MetaMind acquired by Salesforce - brianchu
https://www.metamind.io/salesforce-acquisition
======
barneso
It's very hard to find a viable business model in machine learning or AI tools
and platforms at the moment: the size of the market is small, and most money
is being made by the end users. As a result companies who could get value from
AI want to own it themselves (to keep all of this money themselves).

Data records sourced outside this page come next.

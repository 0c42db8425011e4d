-- ===== src/Tests/Program.antt =====
-- A program with NATS and a PostgreSQL listener, whose MySQL listener fails to start.
use excalibase_watcher.Cdc.Service.{new_service}
use excalibase_watcher.Config.{Config, Setting, defaults, env_bindings, load, pos}
use excalibase_watcher.Config.Modes.{KnownMode, load_iff}
use excalibase_watcher.Health.{health_handler, ready_handler, status_ok}
use excalibase_watcher.Main.{Answers, signal, runs_on, run, World, start_http_server}
use excalibase_watcher.Main.Shutdown.{unwind, run-Unwinds}
use excalibase_watcher.Main.Wiring.{wires, run-wires}
use excalibase_watcher.Main.Probes.{Serves, start_http_server_lem}
use excalibase_watcher.Base.{
  ◌≡◌, refl, ◌↔◌, ◌⊎◌, true, false, ◌||◌, Option, none, some, List, [], ◌∷◌, Bytes, codes,
}

abbrev config : Config
config = record {
  postgres = record {
    enabled = true;
    url = codes "postgres://db/app";
    username = [];
    password = [];
    slot_name = codes "cdc_slot";
    publication_name = codes "cdc_publication";
    create_slot = true;
    create_publication = true;
    tables = [];
    snapshot_mode = codes "none";
    snapshot_chunk_size = pos 10000;
    snapshot_backup_file = [];
    snapshot_start_lsn = [];
    capture_ddl = false;
    schema_history_dir = [];
    slot_stats_interval_seconds = pos 15;
    owner_id = codes "watcher";
    slot_cleanup = record {
      enabled = true;
      interval_minutes = pos 10;
      stale_after_minutes = pos 30;
      retained_wal_threshold_bytes = pos 0;
      dry_run = false;
      slot_pattern = codes "^cdc_";
      heartbeat_seconds = pos 30;
    };
  };
  mysql = record {
    enabled = true;
    host = codes "db:3306";
    username = [];
    password = [];
    schema = codes "app";
    tables = [];
    snapshot_mode = codes "none";
    snapshot_chunk_size = pos 10000;
    snapshot_backup_file = [];
    offset_file = [];
    ca_cert = [];
  };
  nats = record {
    enabled = true;
    url = codes "nats://localhost:4222";
    stream_name = codes "CDC";
    subject_prefix = codes "cdc";
    max_age_minutes = pos 5;
    storage = codes "memory";
    username = [];
    password = [];
    inbox_prefix = [];
  };
  health = record { port = pos 8080; bind_address = codes "127.0.0.1" };
  metrics = record { enabled = true };
}

abbrev viper : List (Bytes × Setting) → List (Bytes × Bytes) → Option Config
viper _ _ = some config

load_iff_example : (load viper none ≡ some config) ↔ (
    (viper (defaults none) env_bindings ≡ some config)
    × (KnownMode (codes "none") × KnownMode (codes "none")))
load_iff_example = load_iff viper none config

abbrev answers : Answers
answers = record {
  publisher_starts = true;
  postgres_created = true;
  postgres_starts = true;
  cancelled = false;
  mysql_created = true;
  mysql_starts = false;
}

run-Unwinds_example :
    ((run answers (some config) (signal ∷ [])).ended ≡ runs_on)
    ⊎ (unwind [] (run answers (some config) (signal ∷ [])).trace ≡ some [])
run-Unwinds_example = run-Unwinds answers (some config) (signal ∷ [])

run-wires_example : wires [] (run answers (some config) (signal ∷ [])).trace ≡ true
run-wires_example = run-wires answers config (signal ∷ []) refl

abbrev world : World
world = record {
  service = record new_service { running = true };
  starting = false;
  pg_listener = some true;
  publisher_ready = false;
}

start_http_server_lem_example :
    (((health_handler (start_http_server true) world).code ≡ status_ok) ↔ ((true || false) ≡ true))
    × (((ready_handler (start_http_server true) world).code ≡ status_ok) ↔ Serves true world)
start_http_server_lem_example = start_http_server_lem true world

It's a
little bit like everyone wanting to own their own data center full of servers
in 1999; at some point it will seem silly, but it's hard to sell against
because it's accepted wisdom.

Doing services is a reasonable response to that market dynamic, although they
certainly had a product vision too.

Without knowing any of the details, I'd say they can be proud of what was
accomplished and how they managed their exit: 1\. From what I've heard, some
of the work they did in the medical domain really did help save lives or make
them better 2\. They probably returned the capital to their investors and kept
most of their employees 3\. They didn't get bought by a company that would be
horrible to work for or is in terminal decline

Credit where it's due: they entered a rough market and managed it well.

------
zeeshanm
I think it is mainly an acquahire.

Metamind was always a services company. I may be wrong but they don't seem to
have any product. They were going after contracts north of $250K for two month
projects.

May be there is not much dough in consulting market.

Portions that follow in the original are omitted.